How long do your lipo cell last before you need to buy a new pack?

Brand name and how long they last before pitching them?


----------



## nutz4rc (Oct 14, 2003)

I have packs that are three years old and still work fine. After three I usually sell and buy new. Sometimes sooner. I have some racers running packs that I sold them that have passed four years of use. I balance them after a day of racing them.
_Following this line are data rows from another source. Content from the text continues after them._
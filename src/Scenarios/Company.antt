-- ===== src/Scenarios/Company.antt =====
-- A company with a business owner (10), an approver (11) and an employee (12), its public ledger
-- (21) with an account and two categories, and the owner's personal ledger (20).
use cloud_ledger.Base.{◌+◌, none, some, [], ◌∷◌, Text, text}
use cloud_ledger.Base.Int.{ℤ, pos}
use cloud_ledger.Types.{
  Uuid, Membership, MembershipRole, Ledger, LedgerKind, FinancialAccount, FinancialAccountKind,
  Category, CategoryKind, TransactionKind, Money,
}
use cloud_ledger.App.State.{World, AppLedgerService}
use cloud_ledger.App.Create.{AppCreateTransactionInput}

abbrev pub world : World
world = record {
  new_v4 = λ n. 100 + n;
  now_utc = λ n. 5000 + n;
  to_lowercase = λ t. t;
  to_uppercase = λ t. t;
}

abbrev pub cny : ℤ → Money
cny amount = record { amount_minor = amount; currency = text "CNY" }

abbrev member : Uuid → Uuid → MembershipRole → Membership
member id user role = record {
  id = id;
  organization_id = 1;
  user_id = user;
  role = role;
  created_at = 0;
}

abbrev pub personal_of_owner : Ledger
personal_of_owner = record {
  id = 20;
  name = text "private";
  kind = LedgerKind.personal;
  owner_user_id = some 10;
  organization_id = none;
  created_at = 0;
  deleted_at = none;
}

abbrev pub public_ledger : Ledger
public_ledger = record {
  id = 21;
  name = text "public";
  kind = LedgerKind.organization_public;
  owner_user_id = none;
  organization_id = some 1;
  created_at = 0;
  deleted_at = none;
}

abbrev account : Uuid → Uuid → FinancialAccount
account id ledger = record {
  id = id;
  ledger_id = ledger;
  name = text "cash";
  kind = FinancialAccountKind.cash;
  opening_balance = cny (pos 1000);
  created_at = 0;
  deleted_at = none;
}

abbrev pub company_cash : FinancialAccount
company_cash = account 30 21

abbrev category : Uuid → CategoryKind → Text → Category
category id kind name = record { id = id; ledger_id = 21; name = name; kind = kind }

abbrev pub company : AppLedgerService
company = record {
  schema_version = 3;
  current_user_id = 10;
  users = [];
  organizations = (1, record { id = 1; name = text "ACME"; created_by = 9; created_at = 0 }) ∷ [];
  memberships =
      member 50 10 MembershipRole.business_owner
      ∷ member 51 11 MembershipRole.approver
      ∷ member 52 12 MembershipRole.employee
      ∷ [];
  ledgers = (20, personal_of_owner) ∷ (21, public_ledger) ∷ [];
  accounts = (30, company_cash) ∷ (31, account 31 20) ∷ [];
  categories =
      (40, category 40 CategoryKind.expense (text "其他支出"))
      ∷ (41, category 41 CategoryKind.income (text "其他收入"))
      ∷ [];
  transactions = [];
  audit_logs = [];
}

-- The employee's expense, with a client mutation id.
abbrev pub lunch : AppCreateTransactionInput
lunch = record {
  actor_user_id = 12;
  ledger_id = 21;
  account_id = 30;
  category_id = none;
  kind = TransactionKind.expense;
  amount_minor = pos 300;
  currency = text "CNY";
  description = text "lunch";
  client_mutation_id = some 7;
}
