-- ===== src/Scenarios/Journals.antt =====
-- A company ledger of the double-entry journal, and the results at it.
use cloud_ledger.Base.{
  ℕ, ◌≤◌, ◌≡◌, ◌≢◌, ◌↔◌, ◌⊎◌, refl, true, false, none, List, [], ◌∷◌, Text, text, trim, Has, Some,
  arith,
}
use cloud_ledger.Base.Int.{pos, ◌+ℤ◌}
use cloud_ledger.Base.Exec.{ok, err}
use cloud_ledger.Journal.Amount.{CurrencyCode, LedgerMoney, is_positive, try_new}
use cloud_ledger.Journal.Book.{AccountingLedger, company_public}
use cloud_ledger.Journal.Entry.{
  PostingSide, JournalLine, JournalStatus, JournalEntry, totals, validate, unbalanced,
}
use cloud_ledger.Journal.Entry.Validation.{
  WellFormed, side_sum, validate_iff, validate_unbalanced_iff,
}
use cloud_ledger.Journal.Roles.{LedgerRole, LedgerMember, LedgerAction, has_permission, role_allows}
use cloud_ledger.Journal.Roles.Holds.{Holds, has_permission_iff}
use cloud_ledger.Journal.Approval.{
  ApprovalRequirementDetail, ApprovalReason, ApprovalVote, ApprovalStatus, ApprovalDecision,
  ApprovalRequest, new_request, add_decision, not_required, approval_requirement,
}
use cloud_ledger.Journal.Approval.Required.{IsPersonal, Reaches, approval_requirement_iff}
use cloud_ledger.Journal.Approval.Votes.{IsValid, vote_all, vote_all-IsValid, vote_all-closed}

abbrev pub yuan : CurrencyCode
yuan = record { as_str = text "CNY" }

abbrev pub cny : ℕ → LedgerMoney
cny units = record { currency = yuan; minor_units = pos units }

abbrev pub posting : PostingSide → ℕ → JournalLine
posting side units = record {
  account_id = text "cash";
  side = side;
  amount = cny units;
  memo = none;
}

abbrev pub expense : ℕ → ℕ → JournalEntry
expense debits credits = record {
  id = text "entry";
  ledger_id = text "company";
  created_by = text "bookkeeper";
  description = text "Expense";
  lines = posting PostingSide.debit debits ∷ posting PostingSide.credit credits ∷ [];
  status = JournalStatus.draft;
}

trimmed_yuan : try_new (text " cny ") ≡ ok yuan
unfolding try_new trim
trimmed_yuan = refl

validate_iff_example : (validate (expense 20 20) ≡ ok tt) ↔ (
    WellFormed (expense 20 20).lines
    × (side_sum PostingSide.debit (expense 20 20).lines
        ≡ side_sum PostingSide.credit (expense 20 20).lines))
validate_iff_example = validate_iff (expense 20 20)

validate_unbalanced_iff_example :
    (validate (expense 20 30) ≡ err (unbalanced (pos 20) (pos 30))) ↔ (
      WellFormed (expense 20 30).lines
      × (side_sum PostingSide.debit (expense 20 30).lines ≡ pos 20)
      × (side_sum PostingSide.credit (expense 20 30).lines ≡ pos 30)
      × (pos 20 ≢ pos 30))
validate_unbalanced_iff_example = validate_unbalanced_iff (expense 20 30) (pos 20) (pos 30)

valid_expense : validate (expense 20 20) ≡ ok tt
unfolding validate totals is_positive ◌+ℤ◌
valid_expense = refl

abbrev pub company_books : AccountingLedger
company_books = record {
  id = text "company";
  name = text "ACME";
  base_currency = yuan;
  kind = company_public (text "acme");
  approval_policy = record {
    company_entries_require_approval = true;
    high_value_threshold = cny 10000;
    min_approvals = 1;
  };
}

abbrev pub company_members : List LedgerMember
company_members =
    record { ledger_id = text "company"; user_id = text "bookkeeper"; role = LedgerRole.bookkeeper }
    ∷ record { ledger_id = text "company"; user_id = text "approver"; role = LedgerRole.approver }
    ∷ []

has_permission_iff_example :
    (has_permission company_books company_members (text "bookkeeper") LedgerAction.submit_entry
      ≡ true)
    ↔ ((role : LedgerRole) × Holds company_books company_members (text "bookkeeper") role
        × (role_allows role LedgerAction.submit_entry ≡ true))
has_permission_iff_example =
    has_permission_iff company_books company_members (text "bookkeeper") LedgerAction.submit_entry

approval_requirement_iff_example :
    (approval_requirement company_books (LedgerRole.owner ∷ []) (expense 20 20) ≡ not_required) ↔ (
      IsPersonal company_books.kind
      ⊎ (¬ Some (Reaches company_books.approval_policy) (expense 20 20).lines
          × ((company_books.approval_policy.company_entries_require_approval ≡ false)
              ⊎ Has LedgerRole.owner (LedgerRole.owner ∷ []))))
approval_requirement_iff_example =
    approval_requirement_iff company_books (LedgerRole.owner ∷ []) (expense 20 20) valid_expense

abbrev pub needed : ApprovalRequirementDetail
needed = record {
  min_approvals = 1;
  required_roles = LedgerRole.approver ∷ LedgerRole.owner ∷ [];
  reason = ApprovalReason.company_ledger;
}

abbrev pub vote_of : Text → ApprovalVote → ApprovalDecision
vote_of user vote = record {
  approver_id = user;
  role = LedgerRole.approver;
  vote = vote;
  note = none;
}

abbrev pub votes : List ApprovalDecision
votes =
    vote_of (text "approver") ApprovalVote.approve
    ∷ vote_of (text "approver") ApprovalVote.reject
    ∷ []

abbrev pub new_vote : ApprovalRequest
new_vote = record {
  id = text "approval:entry";
  ledger_id = text "company";
  entry_id = text "entry";
  submitted_by = text "bookkeeper";
  requirement = needed;
  status = ApprovalStatus.pending;
  decisions = [];
}

abbrev pub closed_request : ApprovalRequest
closed_request = record {
  id = text "approval:entry";
  ledger_id = text "company";
  entry_id = text "entry";
  submitted_by = text "bookkeeper";
  requirement = needed;
  status = ApprovalStatus.approved;
  decisions = vote_of (text "approver") ApprovalVote.approve ∷ [];
}

-- The first vote approves the request; the second comes too late.
votes_close : vote_all votes new_vote ≡ closed_request
unfolding vote_all add_decision
votes_close = refl

one_is_enough : 1 ≤ needed.min_approvals
one_is_enough = ground arith

vote_all-IsValid_example : IsValid (
    vote_all votes (
      new_request
        (text "approval:entry")
        (text "company")
        (text "entry")
        (text "bookkeeper")
        needed))
vote_all-IsValid_example =
    vote_all-IsValid votes (text "approval:entry") (text "company") (text "entry")
      (text "bookkeeper") needed one_is_enough

closed_differs : closed_request.status ≢ ApprovalStatus.pending
closed_differs e = cc

vote_all-closed_example : vote_all votes closed_request ≡ closed_request
vote_all-closed_example = vote_all-closed votes closed_request closed_differs
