-- ===== src/Scenarios/Lifecycle.antt =====
-- An employee's expense from its submission to the receipt of the money, and a voided one.
use cloud_ledger.Base.{◌≡◌, refl, inl, none, [], ◌∷◌, arith, text, trim}
use cloud_ledger.Base.Int.{pos}
use cloud_ledger.Base.Map.{insert}
use cloud_ledger.Base.Exec.{ok}
use cloud_ledger.Types.{Transaction, draft_transaction}
use cloud_ledger.App.State.{AppLedgerService}
use cloud_ledger.App.Access.{authorized, membership_role, business_owner_count}
use cloud_ledger.Permissions.{can_perform}
use cloud_ledger.App.Transactions.{
  ApprovalDecision, AppDecideApprovalInput, AppVoidTransactionInput, AppMarkTransactionPaidInput,
  AppConfirmTransactionReceiptInput, decide_approval, void_transaction, mark_transaction_paid,
  confirm_transaction_receipt, decide_checks, void_checks, pay_checks, receive_checks, decided,
  approve_change, void_change, pay_change, receive_change, decision_log, void_log, pay_log,
  receive_log, store, normalize_void_reason,
}
use cloud_ledger.App.Methods.{
  decide_approval_iff, void_transaction_iff, mark_transaction_paid_iff,
  confirm_transaction_receipt_iff,
}
use cloud_ledger.App.Create.{
  create_transaction, create_checks, draft_checks, account_checks, resolve_category, new_money,
  draft_for, handed_in, find_replay, auto_approve, submit_log, carry_out, enter,
}
use cloud_ledger.Scenarios.Company.{world, cny, company, lunch, public_ledger}

abbrev pub submitted : Transaction
submitted = handed_in 12 (draft_for world lunch 40 (cny (pos 300)))

abbrev pub after_create : AppLedgerService
after_create =
    (carry_out
      (enter submitted
        (submit_log world 12 public_ledger (draft_for world lunch 40 (cny (pos 300))) ∷ []))
      company).1

pub create_lunch : create_transaction world lunch company ≡ (ok submitted, after_create)
unfolding create_transaction create_checks draft_checks account_checks resolve_category new_money
    find_replay authorized membership_role can_perform auto_approve business_owner_count trim
create_lunch = refl

abbrev pub approve_lunch : AppDecideApprovalInput
approve_lunch = record {
  actor_user_id = 10;
  transaction_id = 100;
  decision = ApprovalDecision.approve;
  decision_note = none;
}

abbrev pub approved : Transaction
approved = decided ApprovalDecision.approve world 10 submitted

abbrev pub after_approve : AppLedgerService
after_approve =
    store 100 approved (decision_log world approve_lunch public_ledger approved) after_create

approve_lunch_example :
    decide_approval world approve_lunch after_create ≡ (ok approved, after_approve)
unfolding authorized membership_role can_perform handed_in draft_for draft_transaction
approve_lunch_example =
    (decide_approval_iff world after_create approved after_approve approve_lunch).1 (
      submitted,
      public_ledger,
      record {
        target = record { stored = unfold insert in refl; in_ledger = refl };
        waiting = refl;
        allowed = refl;
        not_submitter = ground arith;
        not_creator = ground arith;
        reasoned = inl refl;
      },
      refl,
      refl,
    )

abbrev pub pay_lunch : AppMarkTransactionPaidInput
pay_lunch = record { actor_user_id = 11; transaction_id = 100 }

abbrev pub paid : Transaction
paid = pay_change world 11 approved

abbrev pub after_pay : AppLedgerService
after_pay = store 100 paid (pay_log world pay_lunch public_ledger paid) after_approve

pay_lunch_example : mark_transaction_paid world pay_lunch after_approve ≡ (ok paid, after_pay)
unfolding authorized membership_role can_perform handed_in draft_for draft_transaction decided
    approve_change insert
pay_lunch_example = (mark_transaction_paid_iff world after_approve paid after_pay pay_lunch).1 (
  approved,
  public_ledger,
  record {
    target = record { stored = refl; in_ledger = refl };
    allowed = refl;
    approved = refl;
    pending = refl;
  },
  refl,
  refl,
)

abbrev pub receive_lunch : AppConfirmTransactionReceiptInput
receive_lunch = record { actor_user_id = 12; transaction_id = 100 }

abbrev pub received : Transaction
received = receive_change world 12 paid

abbrev pub after_receive : AppLedgerService
after_receive =
    store 100 received (receive_log world receive_lunch public_ledger received) after_pay

receive_lunch_example :
    confirm_transaction_receipt world receive_lunch after_pay ≡ (ok received, after_receive)
unfolding authorized membership_role can_perform handed_in draft_for draft_transaction decided
    approve_change pay_change insert
receive_lunch_example =
    (confirm_transaction_receipt_iff world after_pay received after_receive receive_lunch).1 (
      paid,
      public_ledger,
      record {
        target = record { stored = refl; in_ledger = refl };
        creator = refl;
        allowed = refl;
        approved = refl;
        paid = refl;
      },
      refl,
      refl,
    )

abbrev pub void_lunch : AppVoidTransactionInput
void_lunch = record { actor_user_id = 10; transaction_id = 100; void_reason = text " twice " }

abbrev pub voided : Transaction
voided = void_change world paid

abbrev pub after_void : AppLedgerService
after_void =
    store 100 voided (void_log world void_lunch public_ledger (text "twice") voided) after_pay

void_lunch_example : void_transaction world void_lunch after_pay ≡ (ok voided, after_void)
unfolding authorized membership_role can_perform handed_in draft_for draft_transaction decided
    approve_change pay_change insert trim
void_lunch_example = (void_transaction_iff world after_pay voided after_void void_lunch).1 (
  paid,
  public_ledger,
  record {
    target = record { stored = refl; in_ledger = refl };
    public = refl;
    allowed = refl;
    approved = refl;
    kept = refl;
    reason_given = ground arith;
    reason_short = omega arith;
  },
  refl,
  refl,
)

-- The same calls as facts, for the results on balances.
pub approve_lunch_runs :
    decide_approval world approve_lunch after_create ≡ (ok approved, after_approve)
unfolding decide_approval decide_checks authorized membership_role can_perform handed_in draft_for
    draft_transaction insert
approve_lunch_runs = refl

pub pay_lunch_runs : mark_transaction_paid world pay_lunch after_approve ≡ (ok paid, after_pay)
unfolding mark_transaction_paid pay_checks authorized membership_role can_perform handed_in
    draft_for draft_transaction decided approve_change insert
pay_lunch_runs = refl

pub receive_lunch_runs :
    confirm_transaction_receipt world receive_lunch after_pay ≡ (ok received, after_receive)
unfolding confirm_transaction_receipt receive_checks authorized membership_role can_perform
    handed_in draft_for draft_transaction decided approve_change pay_change insert
receive_lunch_runs = refl

pub void_lunch_runs : void_transaction world void_lunch after_pay ≡ (ok voided, after_void)
unfolding void_transaction void_checks normalize_void_reason trim authorized membership_role
    can_perform handed_in draft_for draft_transaction decided approve_change pay_change insert
void_lunch_runs = refl
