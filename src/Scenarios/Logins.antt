-- ===== src/Scenarios/Logins.antt =====
-- Wrong passwords for one account, and the results on logins applied to them.
use cloud_ledger.Base.{
  ℕ, ◌*◌, ◌^◌, ◌≡◌, ◌≢◌, ◌↔◌, some, refl, List, [], ◌∷◌, arith, text, trim, nat_eq,
}
use cloud_ledger.Base.Exec.{ok, err}
use cloud_ledger.Login.State.{
  Duration, Platform, new_state, rate_limit_error, record_failure_state, active_retry_after,
  max_duration,
}
use cloud_ledger.Login.Protection.{
  LoginSurface, key_eq, LoginProtectionConfig, LoginProtection, new_protection, login_key, check_at,
  make_room, prune, record_failure_at,
}
use cloud_ledger.Login.Bounds.{
  LoginCall, fails, after_login, after_logins, AreSmall, after_logins-AreSmall,
}
use cloud_ledger.Login.Lockout.{Blocked, check_at_iff}
use cloud_ledger.Login.Waits.{record_failure_at-waits}

abbrev seconds : ℕ → Duration
seconds n = n * 1_000_000_000

abbrev platform : Platform
platform = record { last_instant = 2 ^ 63; longest = 2 ^ 64 * 1_000_000_000 }

-- Two wrong passwords for an account in 15 minutes lock it for 15 minutes.
abbrev config : LoginProtectionConfig
config = record {
  turnstile_after_failures = 3;
  max_failures_per_login = 2;
  max_failures_per_ip = 20;
  window = seconds 900;
  lockout = seconds 900;
}

abbrev calls : List LoginCall
calls =
    fails 1 LoginSurface.business (text "a@b.test") (seconds 1)
    ∷ fails 1 LoginSurface.business (text "a@b.test") (seconds 2)
    ∷ []

abbrev locked : LoginProtection
locked = after_logins platform (λ t. t) calls (new_protection config)

-- The account is locked, another one at the same address is not.
locked_account :
    (check_at platform (λ t. t) 1 LoginSurface.business (text "a@b.test") (seconds 3) locked).0
    ≡ err (rate_limit_error (seconds 899))
unfolding check_at max_duration prune after_logins after_login record_failure_at make_room
    new_protection record_failure_state active_retry_after new_state trim
locked_account = refl

other_account :
    (check_at platform (λ t. t) 1 LoginSurface.business (text "c@b.test") (seconds 3) locked).0
    ≡ ok tt
unfolding check_at max_duration prune after_logins after_login record_failure_at make_room
    new_protection record_failure_state active_retry_after new_state trim
other_account = refl

after_logins-AreSmall_example : AreSmall locked
after_logins-AreSmall_example = after_logins-AreSmall platform (λ t. t) calls config

check_at_iff_example :
    ((check_at platform (λ t. t) 1 LoginSurface.business (text "a@b.test") (seconds 3) locked).0
      ≡ ok tt)
    ↔ (¬ Blocked
          (login_key (λ t. t) 1 LoginSurface.business (text "a@b.test"))
          (seconds 3)
          locked.failures_by_login
        × ¬ Blocked 1 (seconds 3) locked.failures_by_ip)
check_at_iff_example =
    check_at_iff platform (λ t. t) 1 LoginSurface.business (text "a@b.test") (seconds 3) locked
      after_logins-AreSmall_example

-- The second wrong password reports a wait of 15 minutes, and within it the right password does not
-- help.
abbrev first_failure : List LoginCall
first_failure = fails 1 LoginSurface.business (text "a@b.test") (seconds 1) ∷ []

second_failure :
    (record_failure_at platform
      (λ t. t)
      1
      LoginSurface.business
      (text "a@b.test")
      (seconds 2)
      (after_logins platform (λ t. t) first_failure (new_protection config))).0
    ≡ some (seconds 900)
unfolding max_duration prune after_logins after_login record_failure_at make_room new_protection
    record_failure_state active_retry_after new_state trim
second_failure = refl

record_failure_at-waits_example :
    (check_at platform
      (λ t. t)
      1
      LoginSurface.business
      (text "a@b.test")
      (seconds 901)
      (record_failure_at platform
        (λ t. t)
        1
        LoginSurface.business
        (text "a@b.test")
        (seconds 2)
        (after_logins platform (λ t. t) first_failure (new_protection config))).1).0
    ≢ ok tt
record_failure_at-waits_example =
    record_failure_at-waits platform (λ t. t) 1 LoginSurface.business (text "a@b.test") (seconds 2)
      (seconds 901) (after_logins platform (λ t. t) first_failure (new_protection config))
      (seconds 900) (after_logins-AreSmall platform (λ t. t) first_failure config) second_failure
      (omega arith) (omega arith)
I have some Orion, Venom, SMC, and Gens Ace no special issues with any of these brands.


----------



## swtour (Oct 8, 2001)

I still have ORION 3200 2c Lipos that we use in our Basher Cars that test w/o .15v of the best they ever tested at 5 years ago - When we switched from the ORION 3200 and 3400 packs to the Thunder Power 3300 Sport/Race packs almost 4 years ago (I still have all 4 of those original packs) and during the last test about a month ago - 2 of the 4 packs were down .22v (Loaded @ 23 amps) the other two were w/in .05 v of the best they've ever been. -- Bought 2 NEW Packs of the NEWER 3300 Thunder Power (35c instead of 25c) and they tested THE SAME as the old 25c's did when they were fresh - (These 2s packs run $50.00 from RCLIPOS.COM ) 

I have 5 Thunder Power 1c packs - 4 5000 mah packs 3 40c, and 1 50c, and 1 5400 pack. I use the 5000's in our "Sportsman Truck" class, and I use the 5400 in my 13.5/1c Oval Car (no timing) and my 10.5/1c On-Road 235mm Pan car. These are ALL at least 3 years old or more...one of the 5000/40c packs is down about .15 v, but the rest still test virtually THE SAME as they ever have. (NOTE: two of the 40c 5000's are also a bit PUFFY on the case, but they've been that way for well over 18 months.)


----------



## RPM (Dec 20, 2004)

This is interesting.

I have some packs that are a year old and some new and found about the same IR.
I did have one build up IR over time, but disposed of it.(Venom cell)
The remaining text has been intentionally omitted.